BRIEF:
In the entries below, find the string "theorems" and return each line holding it.
··· EXERCISE DATA
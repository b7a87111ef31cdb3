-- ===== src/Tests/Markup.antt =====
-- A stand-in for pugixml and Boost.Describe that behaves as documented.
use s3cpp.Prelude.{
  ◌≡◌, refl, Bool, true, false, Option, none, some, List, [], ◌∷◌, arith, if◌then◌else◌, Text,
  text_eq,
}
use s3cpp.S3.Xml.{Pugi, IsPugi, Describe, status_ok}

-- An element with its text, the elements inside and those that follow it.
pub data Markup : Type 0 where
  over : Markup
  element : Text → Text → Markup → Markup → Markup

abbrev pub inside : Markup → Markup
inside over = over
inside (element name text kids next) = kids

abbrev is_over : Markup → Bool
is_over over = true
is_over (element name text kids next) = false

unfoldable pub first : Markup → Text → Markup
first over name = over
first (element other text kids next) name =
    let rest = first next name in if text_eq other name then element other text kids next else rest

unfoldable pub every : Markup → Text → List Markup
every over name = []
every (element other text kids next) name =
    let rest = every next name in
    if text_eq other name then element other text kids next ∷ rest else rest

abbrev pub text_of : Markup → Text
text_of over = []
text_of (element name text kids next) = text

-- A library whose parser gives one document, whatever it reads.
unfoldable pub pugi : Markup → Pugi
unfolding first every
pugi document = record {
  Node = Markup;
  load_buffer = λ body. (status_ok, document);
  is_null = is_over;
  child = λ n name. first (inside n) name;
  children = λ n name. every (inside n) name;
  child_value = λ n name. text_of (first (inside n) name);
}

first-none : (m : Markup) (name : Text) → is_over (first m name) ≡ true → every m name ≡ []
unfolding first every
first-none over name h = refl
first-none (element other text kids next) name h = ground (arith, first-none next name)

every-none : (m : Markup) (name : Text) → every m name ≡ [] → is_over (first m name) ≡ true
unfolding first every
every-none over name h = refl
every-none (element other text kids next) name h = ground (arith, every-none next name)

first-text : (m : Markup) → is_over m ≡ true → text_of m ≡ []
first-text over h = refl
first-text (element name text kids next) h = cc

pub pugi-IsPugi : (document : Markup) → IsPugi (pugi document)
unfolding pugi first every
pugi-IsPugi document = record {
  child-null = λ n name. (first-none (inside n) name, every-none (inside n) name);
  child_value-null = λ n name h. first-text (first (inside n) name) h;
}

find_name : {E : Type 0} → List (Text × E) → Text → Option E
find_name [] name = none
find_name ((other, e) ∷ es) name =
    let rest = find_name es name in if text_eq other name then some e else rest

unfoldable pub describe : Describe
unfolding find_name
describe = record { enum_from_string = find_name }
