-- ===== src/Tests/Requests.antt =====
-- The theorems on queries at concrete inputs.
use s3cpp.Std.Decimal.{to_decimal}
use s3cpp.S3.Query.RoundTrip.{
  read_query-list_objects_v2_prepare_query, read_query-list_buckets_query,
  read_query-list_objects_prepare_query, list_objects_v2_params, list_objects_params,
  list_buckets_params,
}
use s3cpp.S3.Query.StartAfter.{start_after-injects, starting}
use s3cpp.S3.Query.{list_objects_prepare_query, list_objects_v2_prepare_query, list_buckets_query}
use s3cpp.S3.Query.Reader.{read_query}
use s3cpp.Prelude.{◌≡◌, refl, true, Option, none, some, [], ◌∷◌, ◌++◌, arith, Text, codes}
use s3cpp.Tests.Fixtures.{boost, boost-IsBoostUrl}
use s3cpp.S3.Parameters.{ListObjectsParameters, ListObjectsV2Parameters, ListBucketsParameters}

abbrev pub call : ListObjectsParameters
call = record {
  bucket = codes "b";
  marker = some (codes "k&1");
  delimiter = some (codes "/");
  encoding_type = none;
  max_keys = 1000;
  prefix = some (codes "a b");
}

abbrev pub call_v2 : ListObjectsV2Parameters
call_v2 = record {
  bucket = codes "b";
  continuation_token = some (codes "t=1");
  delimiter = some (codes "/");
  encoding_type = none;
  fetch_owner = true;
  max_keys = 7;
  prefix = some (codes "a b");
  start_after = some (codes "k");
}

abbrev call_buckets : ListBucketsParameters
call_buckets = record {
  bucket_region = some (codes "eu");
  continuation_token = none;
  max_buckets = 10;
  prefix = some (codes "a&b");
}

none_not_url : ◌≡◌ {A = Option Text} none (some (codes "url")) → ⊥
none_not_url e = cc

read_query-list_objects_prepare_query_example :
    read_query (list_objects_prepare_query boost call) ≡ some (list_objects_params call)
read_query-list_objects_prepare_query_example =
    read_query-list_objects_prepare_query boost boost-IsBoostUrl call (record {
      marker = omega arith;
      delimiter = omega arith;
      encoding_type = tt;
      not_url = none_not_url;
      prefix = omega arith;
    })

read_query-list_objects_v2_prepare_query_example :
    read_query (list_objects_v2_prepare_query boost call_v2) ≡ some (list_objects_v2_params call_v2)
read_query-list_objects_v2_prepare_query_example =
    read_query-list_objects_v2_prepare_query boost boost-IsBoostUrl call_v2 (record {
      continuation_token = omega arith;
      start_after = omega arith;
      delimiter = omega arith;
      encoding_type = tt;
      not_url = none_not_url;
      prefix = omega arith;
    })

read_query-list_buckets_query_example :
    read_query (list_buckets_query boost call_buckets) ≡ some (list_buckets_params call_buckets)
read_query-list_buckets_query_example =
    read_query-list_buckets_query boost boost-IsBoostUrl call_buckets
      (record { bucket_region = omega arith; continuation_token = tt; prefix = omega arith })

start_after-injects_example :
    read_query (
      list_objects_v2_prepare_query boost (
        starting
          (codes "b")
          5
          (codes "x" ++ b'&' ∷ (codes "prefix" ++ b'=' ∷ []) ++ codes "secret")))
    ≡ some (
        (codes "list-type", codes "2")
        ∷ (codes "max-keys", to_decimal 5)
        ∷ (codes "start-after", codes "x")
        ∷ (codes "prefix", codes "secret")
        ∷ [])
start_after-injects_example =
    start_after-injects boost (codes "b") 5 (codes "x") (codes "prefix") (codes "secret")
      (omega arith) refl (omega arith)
······
··· EXERCISE DATA
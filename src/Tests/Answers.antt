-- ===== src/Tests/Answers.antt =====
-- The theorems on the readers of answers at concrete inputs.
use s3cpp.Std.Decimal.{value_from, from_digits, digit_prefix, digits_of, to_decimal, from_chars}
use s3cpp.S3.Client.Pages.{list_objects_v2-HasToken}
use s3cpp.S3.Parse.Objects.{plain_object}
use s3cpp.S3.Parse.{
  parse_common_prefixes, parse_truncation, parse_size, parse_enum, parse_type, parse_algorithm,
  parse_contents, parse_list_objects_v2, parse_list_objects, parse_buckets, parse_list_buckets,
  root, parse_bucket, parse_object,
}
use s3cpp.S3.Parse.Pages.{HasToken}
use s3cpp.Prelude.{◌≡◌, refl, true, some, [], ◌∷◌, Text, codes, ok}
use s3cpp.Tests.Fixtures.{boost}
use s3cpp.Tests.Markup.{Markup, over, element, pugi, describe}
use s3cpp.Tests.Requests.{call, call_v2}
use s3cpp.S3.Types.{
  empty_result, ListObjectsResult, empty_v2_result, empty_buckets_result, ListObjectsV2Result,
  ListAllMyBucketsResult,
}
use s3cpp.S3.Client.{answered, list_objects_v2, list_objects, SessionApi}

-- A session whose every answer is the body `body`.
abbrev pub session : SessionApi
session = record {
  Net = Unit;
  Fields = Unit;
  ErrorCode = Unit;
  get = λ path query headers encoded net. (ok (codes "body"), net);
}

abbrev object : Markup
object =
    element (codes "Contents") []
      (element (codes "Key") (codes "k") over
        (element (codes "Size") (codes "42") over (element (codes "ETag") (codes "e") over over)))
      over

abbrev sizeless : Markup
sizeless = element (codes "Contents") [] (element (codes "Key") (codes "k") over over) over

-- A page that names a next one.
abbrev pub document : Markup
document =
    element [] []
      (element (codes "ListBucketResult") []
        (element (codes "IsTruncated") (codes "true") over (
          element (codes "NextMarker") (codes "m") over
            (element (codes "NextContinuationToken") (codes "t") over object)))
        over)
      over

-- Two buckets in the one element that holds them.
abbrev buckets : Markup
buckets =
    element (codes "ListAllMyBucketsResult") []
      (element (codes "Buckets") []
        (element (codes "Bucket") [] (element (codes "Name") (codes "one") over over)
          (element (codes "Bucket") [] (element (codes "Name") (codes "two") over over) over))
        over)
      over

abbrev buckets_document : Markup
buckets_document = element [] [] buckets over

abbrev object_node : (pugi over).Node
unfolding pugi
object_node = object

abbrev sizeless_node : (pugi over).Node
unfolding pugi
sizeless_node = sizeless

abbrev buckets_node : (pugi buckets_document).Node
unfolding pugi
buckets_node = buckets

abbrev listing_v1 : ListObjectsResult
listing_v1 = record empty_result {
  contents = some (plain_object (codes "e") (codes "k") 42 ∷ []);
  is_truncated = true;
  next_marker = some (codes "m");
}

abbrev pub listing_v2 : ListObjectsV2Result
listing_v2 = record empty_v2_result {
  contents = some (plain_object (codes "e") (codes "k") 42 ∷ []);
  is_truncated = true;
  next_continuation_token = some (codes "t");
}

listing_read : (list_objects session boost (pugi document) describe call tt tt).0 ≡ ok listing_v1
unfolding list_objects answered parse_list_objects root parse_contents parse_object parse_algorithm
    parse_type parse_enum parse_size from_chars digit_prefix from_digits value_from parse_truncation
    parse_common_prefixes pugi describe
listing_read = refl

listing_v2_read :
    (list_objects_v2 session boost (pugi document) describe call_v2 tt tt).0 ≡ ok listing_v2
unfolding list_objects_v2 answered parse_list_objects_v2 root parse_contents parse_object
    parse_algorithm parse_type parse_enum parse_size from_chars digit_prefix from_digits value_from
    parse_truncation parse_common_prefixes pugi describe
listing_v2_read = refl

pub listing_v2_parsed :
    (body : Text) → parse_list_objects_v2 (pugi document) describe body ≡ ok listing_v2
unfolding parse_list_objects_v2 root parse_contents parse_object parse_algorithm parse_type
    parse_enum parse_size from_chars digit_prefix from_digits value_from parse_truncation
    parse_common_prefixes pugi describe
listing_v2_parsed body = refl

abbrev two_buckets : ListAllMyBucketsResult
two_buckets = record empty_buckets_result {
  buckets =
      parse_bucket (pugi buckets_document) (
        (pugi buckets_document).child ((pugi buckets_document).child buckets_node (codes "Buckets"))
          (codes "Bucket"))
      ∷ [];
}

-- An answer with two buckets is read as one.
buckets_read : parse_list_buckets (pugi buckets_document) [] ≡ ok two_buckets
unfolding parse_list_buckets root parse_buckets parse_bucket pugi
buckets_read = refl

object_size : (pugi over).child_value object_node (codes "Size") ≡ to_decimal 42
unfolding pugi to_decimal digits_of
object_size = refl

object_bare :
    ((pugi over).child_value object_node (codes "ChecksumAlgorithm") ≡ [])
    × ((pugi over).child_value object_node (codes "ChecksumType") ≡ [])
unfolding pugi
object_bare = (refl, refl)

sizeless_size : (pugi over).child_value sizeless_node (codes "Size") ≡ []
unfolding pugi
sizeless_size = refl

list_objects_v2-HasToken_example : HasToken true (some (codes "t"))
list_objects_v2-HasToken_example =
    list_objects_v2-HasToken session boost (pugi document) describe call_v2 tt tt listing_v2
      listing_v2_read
······
RESULT OF THIS EXERCISE:
-- The theorems on queries at concrete inputs.
-- The theorems on the readers of answers at concrete inputs.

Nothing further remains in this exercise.